WHAT IS BEING ASKED: Transcribe the data. Leave out nothing.

EXERCISE INPUTS:
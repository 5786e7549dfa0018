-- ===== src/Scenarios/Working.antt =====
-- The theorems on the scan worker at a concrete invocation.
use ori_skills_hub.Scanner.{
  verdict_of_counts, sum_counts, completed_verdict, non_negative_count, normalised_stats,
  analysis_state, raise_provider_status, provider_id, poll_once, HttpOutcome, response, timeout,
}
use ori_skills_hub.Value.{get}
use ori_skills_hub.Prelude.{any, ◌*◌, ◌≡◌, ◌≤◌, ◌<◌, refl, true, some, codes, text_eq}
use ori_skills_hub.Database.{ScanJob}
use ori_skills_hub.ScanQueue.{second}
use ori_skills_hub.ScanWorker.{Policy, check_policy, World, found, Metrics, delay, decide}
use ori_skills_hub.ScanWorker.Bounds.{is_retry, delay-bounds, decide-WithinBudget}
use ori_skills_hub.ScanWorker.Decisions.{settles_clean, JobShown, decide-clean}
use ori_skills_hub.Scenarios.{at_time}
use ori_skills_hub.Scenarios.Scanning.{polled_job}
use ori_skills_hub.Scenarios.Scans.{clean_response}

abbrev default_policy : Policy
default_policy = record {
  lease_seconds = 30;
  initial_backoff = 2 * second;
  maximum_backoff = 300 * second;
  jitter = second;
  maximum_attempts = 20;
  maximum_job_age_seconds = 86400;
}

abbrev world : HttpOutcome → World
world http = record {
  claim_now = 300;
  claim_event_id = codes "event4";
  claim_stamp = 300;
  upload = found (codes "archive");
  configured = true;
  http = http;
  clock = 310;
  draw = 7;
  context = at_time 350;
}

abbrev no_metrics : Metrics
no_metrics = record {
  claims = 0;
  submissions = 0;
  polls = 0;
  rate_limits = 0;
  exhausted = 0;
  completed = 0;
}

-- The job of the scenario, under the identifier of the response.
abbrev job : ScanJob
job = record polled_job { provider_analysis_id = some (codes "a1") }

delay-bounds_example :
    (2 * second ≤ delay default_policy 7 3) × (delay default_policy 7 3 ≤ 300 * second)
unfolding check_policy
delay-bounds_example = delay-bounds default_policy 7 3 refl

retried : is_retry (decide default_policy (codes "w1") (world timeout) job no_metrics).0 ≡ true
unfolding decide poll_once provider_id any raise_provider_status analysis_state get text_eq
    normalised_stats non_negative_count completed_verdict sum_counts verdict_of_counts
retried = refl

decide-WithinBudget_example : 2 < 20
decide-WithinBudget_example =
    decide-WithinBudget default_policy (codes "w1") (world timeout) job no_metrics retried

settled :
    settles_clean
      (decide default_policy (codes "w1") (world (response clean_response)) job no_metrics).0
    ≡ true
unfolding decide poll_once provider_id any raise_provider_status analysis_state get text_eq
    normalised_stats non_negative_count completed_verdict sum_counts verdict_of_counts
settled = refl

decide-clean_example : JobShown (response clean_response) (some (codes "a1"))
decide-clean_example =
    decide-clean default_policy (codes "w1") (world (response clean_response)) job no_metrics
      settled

RESULT OF THE EXERCISE:
repository 5786e7549dfa0018
-- ===== src/Scenarios/Working.antt =====
-- The theorems on the scan worker at a concrete invocation.
use ori_skills_hub.Scanner.{
  verdict_of_counts, sum_counts, completed_verdict, non_negative_count, normalised_stats,
  analysis_state, raise_provider_status, provider_id, poll_once, HttpOutcome, response, timeout,
}
use ori_skills_hub.Value.{get}
use ori_skills_hub.Prelude.{any, ◌*◌, ◌≡◌, ◌≤◌, ◌<◌, refl, true, some, codes, text_eq}
use ori_skills_hub.Database.{ScanJob}
use ori_skills_hub.ScanQueue.{second}
use ori_skills_hub.ScanWorker.{Policy, check_policy, World, found, Metrics, delay, decide}
use ori_skills_hub.ScanWorker.Bounds.{is_retry, delay-bounds, decide-WithinBudget}
use ori_skills_hub.ScanWorker.Decisions.{settles_clean, JobShown, decide-clean}
use ori_skills_hub.Scenarios.{at_time}
use ori_skills_hub.Scenarios.Scanning.{polled_job}
use ori_skills_hub.Scenarios.Scans.{clean_response}

abbrev default_policy : Policy
default_policy = record {
  lease_seconds = 30;
  initial_backoff = 2 * second;
  maximum_backoff = 300 * second;
  jitter = second;
  maximum_attempts = 20;
  maximum_job_age_seconds = 86400;
}

abbrev world : HttpOutcome → World
world http = record {
  claim_now = 300;
  claim_event_id = codes "event4";
  claim_stamp = 300;
  upload = found (codes "archive");
  configured = true;
  http = http;
  clock = 310;
  draw = 7;
  context = at_time 350;
}

abbrev no_metrics : Metrics
no_metrics = record {
  claims = 0;
  submissions = 0;
  polls = 0;
  rate_limits = 0;
  exhausted = 0;
  completed = 0;
}

-- The job of the scenario, under the identifier of the response.
abbrev job : ScanJob
job = record polled_job { provider_analysis_id = some (codes "a1") }

delay-bounds_example :
    (2 * second ≤ delay default_policy 7 3) × (delay default_policy 7 3 ≤ 300 * second)
unfolding check_policy
delay-bounds_example = delay-bounds default_policy 7 3 refl

retried : is_retry (decide default_policy (codes "w1") (world timeout) job no_metrics).0 ≡ true
unfolding decide poll_once provider_id any raise_provider_status analysis_state get text_eq
    normalised_stats non_negative_count completed_verdict sum_counts verdict_of_counts
retried = refl

decide-WithinBudget_example : 2 < 20
decide-WithinBudget_example =
    decide-WithinBudget default_policy (codes "w1") (world timeout) job no_metrics retried

settled :
    settles_clean
      (decide default_policy (codes "w1") (world (response clean_response)) job no_metrics).0
    ≡ true
unfolding decide poll_once provider_id any raise_provider_status analysis_state get text_eq
    normalised_stats non_negative_count completed_verdict sum_counts verdict_of_counts
settled = refl

decide-clean_example : JobShown (response clean_response) (some (codes "a1"))
decide-clean_example =
    decide-clean default_policy (codes "w1") (world (response clean_response)) job no_metrics
      settled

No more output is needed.